= Beginning of Section =

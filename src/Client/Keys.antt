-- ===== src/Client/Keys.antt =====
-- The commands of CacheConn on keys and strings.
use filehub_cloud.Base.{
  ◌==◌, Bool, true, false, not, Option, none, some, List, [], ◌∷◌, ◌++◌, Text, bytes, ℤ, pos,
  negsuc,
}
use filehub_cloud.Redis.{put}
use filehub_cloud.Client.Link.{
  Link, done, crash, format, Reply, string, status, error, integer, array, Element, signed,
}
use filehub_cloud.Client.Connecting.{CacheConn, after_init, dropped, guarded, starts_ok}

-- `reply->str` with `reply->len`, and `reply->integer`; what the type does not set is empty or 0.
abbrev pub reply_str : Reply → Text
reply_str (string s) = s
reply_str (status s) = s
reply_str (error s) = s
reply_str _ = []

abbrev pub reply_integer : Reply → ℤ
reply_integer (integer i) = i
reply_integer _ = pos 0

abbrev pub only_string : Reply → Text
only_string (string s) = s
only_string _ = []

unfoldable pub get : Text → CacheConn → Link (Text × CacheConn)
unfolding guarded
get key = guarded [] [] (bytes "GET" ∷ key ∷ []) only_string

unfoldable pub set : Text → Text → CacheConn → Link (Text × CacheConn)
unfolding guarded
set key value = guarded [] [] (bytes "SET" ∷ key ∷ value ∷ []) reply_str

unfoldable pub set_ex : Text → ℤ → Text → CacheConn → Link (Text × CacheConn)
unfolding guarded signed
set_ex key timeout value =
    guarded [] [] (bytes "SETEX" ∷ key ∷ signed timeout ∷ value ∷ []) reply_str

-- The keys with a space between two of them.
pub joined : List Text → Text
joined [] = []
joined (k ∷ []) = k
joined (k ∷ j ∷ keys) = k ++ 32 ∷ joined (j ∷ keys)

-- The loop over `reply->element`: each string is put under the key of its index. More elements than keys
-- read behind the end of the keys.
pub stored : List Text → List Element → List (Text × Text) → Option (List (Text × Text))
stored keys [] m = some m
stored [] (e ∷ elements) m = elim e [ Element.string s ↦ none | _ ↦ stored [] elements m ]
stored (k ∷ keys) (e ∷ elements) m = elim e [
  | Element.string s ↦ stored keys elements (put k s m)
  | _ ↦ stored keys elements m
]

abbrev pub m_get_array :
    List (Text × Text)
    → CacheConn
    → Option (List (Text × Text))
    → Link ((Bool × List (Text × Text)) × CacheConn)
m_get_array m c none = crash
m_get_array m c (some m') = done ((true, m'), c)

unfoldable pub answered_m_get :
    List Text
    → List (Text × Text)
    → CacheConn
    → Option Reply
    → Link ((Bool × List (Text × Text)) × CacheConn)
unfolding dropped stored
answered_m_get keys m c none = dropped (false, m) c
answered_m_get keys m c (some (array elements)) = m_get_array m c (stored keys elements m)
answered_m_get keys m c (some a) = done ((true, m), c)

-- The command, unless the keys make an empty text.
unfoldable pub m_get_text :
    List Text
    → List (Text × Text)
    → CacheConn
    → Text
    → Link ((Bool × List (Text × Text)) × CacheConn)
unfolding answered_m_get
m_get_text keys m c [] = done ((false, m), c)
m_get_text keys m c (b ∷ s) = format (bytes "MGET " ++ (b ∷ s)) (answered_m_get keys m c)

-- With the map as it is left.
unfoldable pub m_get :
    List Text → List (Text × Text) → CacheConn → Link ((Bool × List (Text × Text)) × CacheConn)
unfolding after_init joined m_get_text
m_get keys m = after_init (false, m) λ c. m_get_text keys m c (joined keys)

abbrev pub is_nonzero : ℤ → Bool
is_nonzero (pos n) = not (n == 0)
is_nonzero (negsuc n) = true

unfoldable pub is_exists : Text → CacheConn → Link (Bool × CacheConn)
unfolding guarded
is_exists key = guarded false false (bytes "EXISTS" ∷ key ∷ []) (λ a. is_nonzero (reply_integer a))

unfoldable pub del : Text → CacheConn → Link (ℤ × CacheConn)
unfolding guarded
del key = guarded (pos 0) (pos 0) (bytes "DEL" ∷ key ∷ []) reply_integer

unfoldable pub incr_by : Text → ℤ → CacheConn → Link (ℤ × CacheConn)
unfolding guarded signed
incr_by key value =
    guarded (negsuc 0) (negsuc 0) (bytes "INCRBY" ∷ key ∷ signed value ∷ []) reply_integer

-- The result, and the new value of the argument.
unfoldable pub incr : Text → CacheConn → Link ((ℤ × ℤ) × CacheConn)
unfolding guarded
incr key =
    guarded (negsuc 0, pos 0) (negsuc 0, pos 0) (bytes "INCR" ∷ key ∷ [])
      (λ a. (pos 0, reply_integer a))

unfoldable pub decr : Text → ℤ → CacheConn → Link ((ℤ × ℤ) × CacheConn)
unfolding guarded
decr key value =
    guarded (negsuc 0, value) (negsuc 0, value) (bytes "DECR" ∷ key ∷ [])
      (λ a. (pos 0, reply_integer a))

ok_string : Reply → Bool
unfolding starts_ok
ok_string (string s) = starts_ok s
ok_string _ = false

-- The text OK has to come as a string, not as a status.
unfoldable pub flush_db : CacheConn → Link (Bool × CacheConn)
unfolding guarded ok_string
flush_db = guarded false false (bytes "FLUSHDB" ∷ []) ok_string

= End of Section =
= Beginning of Section =

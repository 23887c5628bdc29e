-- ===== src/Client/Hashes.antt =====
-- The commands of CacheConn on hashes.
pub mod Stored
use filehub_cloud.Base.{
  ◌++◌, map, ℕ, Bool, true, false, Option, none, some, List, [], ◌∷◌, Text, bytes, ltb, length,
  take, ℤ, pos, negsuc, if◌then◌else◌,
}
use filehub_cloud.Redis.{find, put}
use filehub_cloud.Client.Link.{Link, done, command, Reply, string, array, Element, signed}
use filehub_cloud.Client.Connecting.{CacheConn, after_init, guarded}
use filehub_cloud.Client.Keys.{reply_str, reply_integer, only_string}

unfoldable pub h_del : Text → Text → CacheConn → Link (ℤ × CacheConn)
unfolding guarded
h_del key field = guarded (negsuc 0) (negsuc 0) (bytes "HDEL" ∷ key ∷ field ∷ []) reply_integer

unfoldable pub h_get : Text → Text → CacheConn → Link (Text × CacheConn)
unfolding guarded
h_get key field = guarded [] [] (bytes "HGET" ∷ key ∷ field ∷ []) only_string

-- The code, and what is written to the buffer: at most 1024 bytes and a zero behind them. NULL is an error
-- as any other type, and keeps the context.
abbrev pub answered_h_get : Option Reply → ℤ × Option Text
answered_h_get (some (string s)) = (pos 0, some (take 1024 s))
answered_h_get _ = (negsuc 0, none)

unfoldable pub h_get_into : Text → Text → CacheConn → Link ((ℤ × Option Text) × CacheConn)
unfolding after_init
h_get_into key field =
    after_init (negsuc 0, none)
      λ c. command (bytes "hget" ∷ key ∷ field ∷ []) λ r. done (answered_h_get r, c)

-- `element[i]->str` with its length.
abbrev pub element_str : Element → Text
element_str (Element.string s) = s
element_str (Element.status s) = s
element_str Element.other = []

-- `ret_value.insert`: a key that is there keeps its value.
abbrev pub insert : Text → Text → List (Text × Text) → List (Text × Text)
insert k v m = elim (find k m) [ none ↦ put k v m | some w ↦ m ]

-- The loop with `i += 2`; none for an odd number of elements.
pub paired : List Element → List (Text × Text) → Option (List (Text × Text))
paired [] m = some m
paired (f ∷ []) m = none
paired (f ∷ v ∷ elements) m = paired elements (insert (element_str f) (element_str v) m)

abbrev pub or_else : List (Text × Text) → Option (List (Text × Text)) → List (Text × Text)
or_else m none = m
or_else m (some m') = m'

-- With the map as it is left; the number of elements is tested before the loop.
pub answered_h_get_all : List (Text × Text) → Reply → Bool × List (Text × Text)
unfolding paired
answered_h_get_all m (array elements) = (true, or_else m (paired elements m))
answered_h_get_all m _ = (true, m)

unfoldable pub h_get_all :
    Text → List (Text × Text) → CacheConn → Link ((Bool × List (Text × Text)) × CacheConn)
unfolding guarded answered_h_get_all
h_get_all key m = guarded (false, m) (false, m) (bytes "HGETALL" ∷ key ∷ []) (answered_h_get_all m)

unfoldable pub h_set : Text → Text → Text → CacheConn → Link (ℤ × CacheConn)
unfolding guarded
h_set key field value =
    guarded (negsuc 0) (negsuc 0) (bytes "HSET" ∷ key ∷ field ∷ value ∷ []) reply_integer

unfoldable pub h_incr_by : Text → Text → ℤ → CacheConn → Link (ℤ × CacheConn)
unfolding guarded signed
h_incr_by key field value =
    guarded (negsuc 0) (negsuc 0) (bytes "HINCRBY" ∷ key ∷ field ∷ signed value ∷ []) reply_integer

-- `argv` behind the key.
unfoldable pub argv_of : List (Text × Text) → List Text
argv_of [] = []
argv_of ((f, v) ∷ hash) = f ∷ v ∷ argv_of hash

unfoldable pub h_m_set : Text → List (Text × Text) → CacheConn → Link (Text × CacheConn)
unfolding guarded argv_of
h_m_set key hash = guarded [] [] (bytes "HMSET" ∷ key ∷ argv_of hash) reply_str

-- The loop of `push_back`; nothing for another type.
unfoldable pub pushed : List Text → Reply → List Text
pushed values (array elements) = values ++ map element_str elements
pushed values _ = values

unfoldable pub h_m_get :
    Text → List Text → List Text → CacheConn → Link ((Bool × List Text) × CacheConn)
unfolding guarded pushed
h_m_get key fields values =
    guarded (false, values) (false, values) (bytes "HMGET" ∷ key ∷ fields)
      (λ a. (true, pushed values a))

= End of Section =
= Beginning of Section =

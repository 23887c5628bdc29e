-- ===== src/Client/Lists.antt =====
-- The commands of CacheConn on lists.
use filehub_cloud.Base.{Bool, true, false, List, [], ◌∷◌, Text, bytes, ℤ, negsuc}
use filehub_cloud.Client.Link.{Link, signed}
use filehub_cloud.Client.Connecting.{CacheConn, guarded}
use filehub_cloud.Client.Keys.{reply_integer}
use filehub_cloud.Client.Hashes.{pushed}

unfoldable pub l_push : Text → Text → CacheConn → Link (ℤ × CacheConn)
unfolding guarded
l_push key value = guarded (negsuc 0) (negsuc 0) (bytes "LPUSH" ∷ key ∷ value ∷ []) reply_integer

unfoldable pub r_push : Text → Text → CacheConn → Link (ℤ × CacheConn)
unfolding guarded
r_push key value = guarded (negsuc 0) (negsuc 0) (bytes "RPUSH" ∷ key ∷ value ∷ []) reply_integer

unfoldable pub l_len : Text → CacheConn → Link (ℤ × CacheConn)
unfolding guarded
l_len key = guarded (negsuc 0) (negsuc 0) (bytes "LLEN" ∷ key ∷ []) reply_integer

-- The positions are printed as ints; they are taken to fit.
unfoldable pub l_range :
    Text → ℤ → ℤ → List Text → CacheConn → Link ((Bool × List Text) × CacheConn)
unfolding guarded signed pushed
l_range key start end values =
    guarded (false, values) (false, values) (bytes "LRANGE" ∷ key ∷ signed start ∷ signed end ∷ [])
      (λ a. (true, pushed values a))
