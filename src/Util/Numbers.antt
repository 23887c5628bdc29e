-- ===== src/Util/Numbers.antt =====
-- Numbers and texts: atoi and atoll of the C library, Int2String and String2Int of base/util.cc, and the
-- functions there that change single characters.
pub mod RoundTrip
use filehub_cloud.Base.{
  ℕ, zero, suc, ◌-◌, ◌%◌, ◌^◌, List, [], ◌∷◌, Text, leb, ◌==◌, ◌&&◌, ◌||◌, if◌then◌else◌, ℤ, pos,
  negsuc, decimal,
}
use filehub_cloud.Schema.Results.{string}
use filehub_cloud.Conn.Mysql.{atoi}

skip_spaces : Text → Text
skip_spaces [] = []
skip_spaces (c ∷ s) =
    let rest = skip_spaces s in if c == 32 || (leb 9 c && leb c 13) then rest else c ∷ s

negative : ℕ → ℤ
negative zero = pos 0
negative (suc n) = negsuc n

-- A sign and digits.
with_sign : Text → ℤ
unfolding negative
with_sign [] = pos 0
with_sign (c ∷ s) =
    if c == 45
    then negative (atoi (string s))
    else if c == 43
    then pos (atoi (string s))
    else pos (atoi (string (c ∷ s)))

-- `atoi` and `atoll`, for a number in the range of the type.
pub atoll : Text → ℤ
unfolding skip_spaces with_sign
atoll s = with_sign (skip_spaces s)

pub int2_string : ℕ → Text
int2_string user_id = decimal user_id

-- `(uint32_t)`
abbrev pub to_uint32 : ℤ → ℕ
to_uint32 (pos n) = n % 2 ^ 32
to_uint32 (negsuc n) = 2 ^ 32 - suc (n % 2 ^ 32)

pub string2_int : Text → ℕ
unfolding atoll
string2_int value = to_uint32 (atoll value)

= End of Section =

> _DIRECTIONS_
The response should be the listing above, limited to the lines between the one holding "filename src/Client/Keys.antt" and the one holding "reply_str (status s) = s", inclusive, reproduced exactly.

> _COMPLETED EXERCISE_
filename src/Client/Keys.antt
-- ===== src/Client/Keys.antt =====
-- The commands of CacheConn on keys and strings.
use filehub_cloud.Base.{
  ◌==◌, Bool, true, false, not, Option, none, some, List, [], ◌∷◌, ◌++◌, Text, bytes, ℤ, pos,
  negsuc,
}
use filehub_cloud.Redis.{put}
use filehub_cloud.Client.Link.{
  Link, done, crash, format, Reply, string, status, error, integer, array, Element, signed,
}
use filehub_cloud.Client.Connecting.{CacheConn, after_init, dropped, guarded, starts_ok}

-- `reply->str` with `reply->len`, and `reply->integer`; what the type does not set is empty or 0.
abbrev pub reply_str : Reply → Text
reply_str (string s) = s
reply_str (status s) = s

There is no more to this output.